Data extracted from a collection:
──────────────────────────────

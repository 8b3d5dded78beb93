-- ===== src/Cache/Shard.antt =====
-- `struct S3FifoCache::Shard` of server/cache/s3fifo_cache.cc: one shard, under its exclusive lock.
-- The index holds pairs of a hash and the map key of the entry that the slot points to: what the
-- shard relies on of `FlatIndex`, without its probing.
pub mod Rounds
pub mod Due
pub mod Ready
pub mod Settles
use fluxkv.Base.{
  ℕ, zero, suc, ◌+◌, ◌-◌, ◌*◌, ◌/◌, max, List, [], ◌∷◌, ◌++◌, Option, none, some, Bool, true, false,
  not, ◌&&◌, ◌||◌, if◌then◌else◌, ltb, ◌==◌, length, drop,
}
use fluxkv.Cache.Entry.{Entry, Queue, small_queue, main_queue, map_key, vb_key, pinned, bytes_eq}
use fluxkv.Cache.Fifo.{Fifo, push_head, remove, pop_tail, find_key}

abbrev pub max_freq : ℕ
max_freq = 3

abbrev pub small_percent : ℕ
small_percent = 10

pub record Shard : Type 0 where
  pub index : List (ℕ × List ℕ)
  pub small : Fifo
  pub main : Fifo
  pub ghost : List ℕ
  pub ghost_set : List ℕ
  pub budget : ℕ
  pub small_budget : ℕ
  pub puts : ℕ
  pub fills : ℕ
  pub evictions : ℕ
  pub ghost_hits : ℕ
  pub fills_deferred : ℕ
  pub pending_items : ℕ

-- `Shard::bytes`
abbrev pub bytes : Shard → ℕ
bytes s = s.small.bytes + s.main.bytes

-- The index: a slot matches by its hash and by the key of the entry behind it.
abbrev same_slot : ℕ → List ℕ → ℕ × List ℕ → Bool
same_slot h mk (h', mk') = (h' == h) && bytes_eq mk' mk

unfoldable pub index_has : ℕ → List ℕ → List (ℕ × List ℕ) → Bool
index_has h mk [] = false
index_has h mk (slot ∷ slots) = same_slot h mk slot || index_has h mk slots

unfoldable pub index_erase : ℕ → List ℕ → List (ℕ × List ℕ) → List (ℕ × List ℕ)
index_erase h mk [] = []
index_erase h mk (slot ∷ slots) =
    if same_slot h mk slot then slots else slot ∷ index_erase h mk slots

-- A set of hashes, `ghostSet`.
unfoldable pub contains : ℕ → List ℕ → Bool
contains h [] = false
contains h (x ∷ xs) = (x == h) || contains h xs

unfoldable pub set_erase : ℕ → List ℕ → List ℕ
set_erase h [] = []
set_erase h (x ∷ xs) = if x == h then xs else x ∷ set_erase h xs

-- `while (ghost.size() > cap)`: the front leaves the deque and the set. The deque is the recursion.
unfoldable pub ghost_trim : ℕ → List ℕ → List ℕ → List ℕ × List ℕ
ghost_trim cap [] set = ([], set)
ghost_trim cap (h ∷ ghost) set =
    let rest = ghost_trim cap ghost (set_erase h set) in
    if ltb cap (length (h ∷ ghost)) then rest else (h ∷ ghost, set)

-- `Shard::ghostAdd`
unfoldable pub ghost_add : Shard → ℕ → Shard
unfolding contains ghost_trim
ghost_add s h =
    if contains h s.ghost_set
    then s
    else (let (ghost, set) =
          ghost_trim (max 1024 s.main.count) (s.ghost ++ (h ∷ [])) (h ∷ s.ghost_set) in
        record s { ghost = ghost; ghost_set = set })

-- `Shard::find`: the entry that the index leads to, read through its pointer.
unfoldable pub find : Shard → ℕ → List ℕ → Option Entry
unfolding find_key
find s h mk = if index_has h mk s.index then find_key mk (s.small.items ++ s.main.items) else none

-- `Shard::unlink`
unfoldable pub unlink : Shard → Entry → Shard
unlink s e = elim e.queue [
  | small_queue ↦ record s { small = remove s.small e }
  | main_queue ↦ record s { main = remove s.main e }
]

-- `Shard::insert`
unfoldable pub insert : Shard → Entry → ℕ → Shard
insert s e h =
    let index = (h, map_key e) ∷ s.index in
    if contains h s.ghost_set
    then record s {
      main = push_head s.main (record e { queue = main_queue });
      ghost_hits = s.ghost_hits + 1;
      index = index;
    }
    else record s { small = push_head s.small (record e { queue = small_queue }); index = index }

-- The `tail` of a queue is no null pointer.
abbrev pub has_tail : Fifo → Bool
has_tail q = elim q.items [ [] ↦ false | e ∷ rest ↦ true ]

-- `hashKey` is SpookyHash over the key, seeded with the vbucket: code that is not part of this
-- repository, and a parameter here.
module _ (hash_key : ℕ → List ℕ → ℕ) where
  abbrev pub hash_of : Entry → ℕ
  hash_of e = hash_key e.vbid e.key

  -- `Shard::free`, of an entry that is out of its queue.
  unfoldable pub free : Shard → Entry → Shard
  free s e = record s {
    index = index_erase (hash_of e) (map_key e) s.index;
    pending_items = if pinned e then s.pending_items - 1 else s.pending_items;
  }

  -- What `evictSmall` does with the entry that it popped.
  unfoldable pub leave_small : Shard → Entry → Shard
  leave_small s e =
      if pinned e || ltb 1 e.freq
      then record s { main = push_head s.main (record e { freq = 0; queue = main_queue }) }
      else (let remembered = ghost_add s (hash_of e) in
          free (record remembered { evictions = remembered.evictions + 1 }) e)

  -- `Shard::evictSmall`, called with a small queue that is not empty.
  unfoldable pub evict_small : Shard → Shard
  unfolding leave_small pop_tail
  evict_small s = elim (pop_tail s.small) [
    | none ↦ s
    | some (e, small) ↦ leave_small (record s { small = small }) e
  ]

  -- What `evictMain` does with the entry that it popped.
  unfoldable pub leave_main : Shard → Entry → Shard
  leave_main s e =
      if pinned e || ltb 0 e.freq
      then record s { main = push_head s.main (record e { freq = e.freq - 1 }) }
      else free (record s { evictions = s.evictions + 1 }) e

  -- `Shard::evictMain`, called with a main queue that is not empty.
  unfoldable pub evict_main : Shard → Shard
  unfolding leave_main pop_tail
  evict_main s = elim (pop_tail s.main) [
    | none ↦ s
    | some (e, main) ↦ leave_main (record s { main = main }) e
  ]

  -- The body of the loop of `evict`; `none` is its `break`.
  unfoldable pub evict_round : Shard → Option Shard
  evict_round s =
      if ltb s.small_budget s.small.bytes && has_tail s.small
      then some (evict_small s)
      else (if has_tail s.main
          then some (evict_main s)
          else (if has_tail s.small then some (evict_small s) else none))

  -- `while (bytes() > budget && guard-- > 0)`
  unfoldable pub evict_loop : ℕ → Shard → Shard
  evict_loop zero s = s
  evict_loop (suc guard) s =
      if ltb s.budget (bytes s)
      then (elim (evict_round s) [ none ↦ s | some s' ↦ evict_loop guard s' ])
      else s

  -- `Shard::evict`
  unfoldable pub evict : Shard → Shard
  evict s = evict_loop ((max_freq + 1) * (s.small.count + s.main.count) + 1) s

──────────────────────────────

# Exercise goal
Line by line, retype all of the records exactly.

# Exercise output
repository 8b3d5dded78beb93
-- ===== src/Cache/Shard.antt =====
-- `struct S3FifoCache::Shard` of server/cache/s3fifo_cache.cc: one shard, under its exclusive lock.
-- The index holds pairs of a hash and the map key of the entry that the slot points to: what the
-- shard relies on of `FlatIndex`, without its probing.
pub mod Rounds
pub mod Due
pub mod Ready
pub mod Settles
use fluxkv.Base.{
  ℕ, zero, suc, ◌+◌, ◌-◌, ◌*◌, ◌/◌, max, List, [], ◌∷◌, ◌++◌, Option, none, some, Bool, true, false,
  not, ◌&&◌, ◌||◌, if◌then◌else◌, ltb, ◌==◌, length, drop,
}
use fluxkv.Cache.Entry.{Entry, Queue, small_queue, main_queue, map_key, vb_key, pinned, bytes_eq}
use fluxkv.Cache.Fifo.{Fifo, push_head, remove, pop_tail, find_key}

abbrev pub max_freq : ℕ
max_freq = 3

abbrev pub small_percent : ℕ
small_percent = 10

pub record Shard : Type 0 where
  pub index : List (ℕ × List ℕ)
  pub small : Fifo
  pub main : Fifo
  pub ghost : List ℕ
  pub ghost_set : List ℕ
  pub budget : ℕ
  pub small_budget : ℕ
  pub puts : ℕ
  pub fills : ℕ
  pub evictions : ℕ
  pub ghost_hits : ℕ
  pub fills_deferred : ℕ
  pub pending_items : ℕ

-- `Shard::bytes`
abbrev pub bytes : Shard → ℕ
bytes s = s.small.bytes + s.main.bytes

-- The index: a slot matches by its hash and by the key of the entry behind it.
abbrev same_slot : ℕ → List ℕ → ℕ × List ℕ → Bool
same_slot h mk (h', mk') = (h' == h) && bytes_eq mk' mk

unfoldable pub index_has : ℕ → List ℕ → List (ℕ × List ℕ) → Bool
index_has h mk [] = false
index_has h mk (slot ∷ slots) = same_slot h mk slot || index_has h mk slots

unfoldable pub index_erase : ℕ → List ℕ → List (ℕ × List ℕ) → List (ℕ × List ℕ)
index_erase h mk [] = []
index_erase h mk (slot ∷ slots) =
    if same_slot h mk slot then slots else slot ∷ index_erase h mk slots

-- A set of hashes, `ghostSet`.
unfoldable pub contains : ℕ → List ℕ → Bool
contains h [] = false
contains h (x ∷ xs) = (x == h) || contains h xs

unfoldable pub set_erase : ℕ → List ℕ → List ℕ
set_erase h [] = []
set_erase h (x ∷ xs) = if x == h then xs else x ∷ set_erase h xs

-- `while (ghost.size() > cap)`: the front leaves the deque and the set. The deque is the recursion.
unfoldable pub ghost_trim : ℕ → List ℕ → List ℕ → List ℕ × List ℕ
ghost_trim cap [] set = ([], set)
ghost_trim cap (h ∷ ghost) set =
    let rest = ghost_trim cap ghost (set_erase h set) in
    if ltb cap (length (h ∷ ghost)) then rest else (h ∷ ghost, set)

-- `Shard::ghostAdd`
unfoldable pub ghost_add : Shard → ℕ → Shard
unfolding contains ghost_trim
ghost_add s h =
    if contains h s.ghost_set
    then s
    else (let (ghost, set) =
          ghost_trim (max 1024 s.main.count) (s.ghost ++ (h ∷ [])) (h ∷ s.ghost_set) in
        record s { ghost = ghost; ghost_set = set })

-- `Shard::find`: the entry that the index leads to, read through its pointer.
unfoldable pub find : Shard → ℕ → List ℕ → Option Entry
unfolding find_key
find s h mk = if index_has h mk s.index then find_key mk (s.small.items ++ s.main.items) else none

-- `Shard::unlink`
unfoldable pub unlink : Shard → Entry → Shard
unlink s e = elim e.queue [
  | small_queue ↦ record s { small = remove s.small e }
  | main_queue ↦ record s { main = remove s.main e }
]

-- `Shard::insert`
unfoldable pub insert : Shard → Entry → ℕ → Shard
insert s e h =
    let index = (h, map_key e) ∷ s.index in
    if contains h s.ghost_set
    then record s {
      main = push_head s.main (record e { queue = main_queue });
      ghost_hits = s.ghost_hits + 1;
      index = index;
    }
    else record s { small = push_head s.small (record e { queue = small_queue }); index = index }

-- The `tail` of a queue is no null pointer.
abbrev pub has_tail : Fifo → Bool
has_tail q = elim q.items [ [] ↦ false | e ∷ rest ↦ true ]

-- `hashKey` is SpookyHash over the key, seeded with the vbucket: code that is not part of this
-- repository, and a parameter here.
module _ (hash_key : ℕ → List ℕ → ℕ) where
  abbrev pub hash_of : Entry → ℕ
  hash_of e = hash_key e.vbid e.key

  -- `Shard::free`, of an entry that is out of its queue.
  unfoldable pub free : Shard → Entry → Shard
  free s e = record s {
    index = index_erase (hash_of e) (map_key e) s.index;
    pending_items = if pinned e then s.pending_items - 1 else s.pending_items;
  }

  -- What `evictSmall` does with the entry that it popped.
  unfoldable pub leave_small : Shard → Entry → Shard
  leave_small s e =
      if pinned e || ltb 1 e.freq
      then record s { main = push_head s.main (record e { freq = 0; queue = main_queue }) }
      else (let remembered = ghost_add s (hash_of e) in
          free (record remembered { evictions = remembered.evictions + 1 }) e)

  -- `Shard::evictSmall`, called with a small queue that is not empty.
  unfoldable pub evict_small : Shard → Shard
  unfolding leave_small pop_tail
  evict_small s = elim (pop_tail s.small) [
    | none ↦ s
    | some (e, small) ↦ leave_small (record s { small = small }) e
  ]

  -- What `evictMain` does with the entry that it popped.
  unfoldable pub leave_main : Shard → Entry → Shard
  leave_main s e =
      if pinned e || ltb 0 e.freq
      then record s { main = push_head s.main (record e { freq = e.freq - 1 }) }
      else free (record s { evictions = s.evictions + 1 }) e

  -- `Shard::evictMain`, called with a main queue that is not empty.
  unfoldable pub evict_main : Shard → Shard
  unfolding leave_main pop_tail
  evict_main s = elim (pop_tail s.main) [
    | none ↦ s
    | some (e, main) ↦ leave_main (record s { main = main }) e
  ]

  -- The body of the loop of `evict`; `none` is its `break`.
  unfoldable pub evict_round : Shard → Option Shard
  evict_round s =
      if ltb s.small_budget s.small.bytes && has_tail s.small
      then some (evict_small s)
      else (if has_tail s.main
          then some (evict_main s)
          else (if has_tail s.small then some (evict_small s) else none))

  -- `while (bytes() > budget && guard-- > 0)`
  unfoldable pub evict_loop : ℕ → Shard → Shard
  evict_loop zero s = s
  evict_loop (suc guard) s =
      if ltb s.budget (bytes s)
      then (elim (evict_round s) [ none ↦ s | some s' ↦ evict_loop guard s' ])
      else s

  -- `Shard::evict`
  unfoldable pub evict : Shard → Shard
  evict s = evict_loop ((max_freq + 1) * (s.small.count + s.main.count) + 1) s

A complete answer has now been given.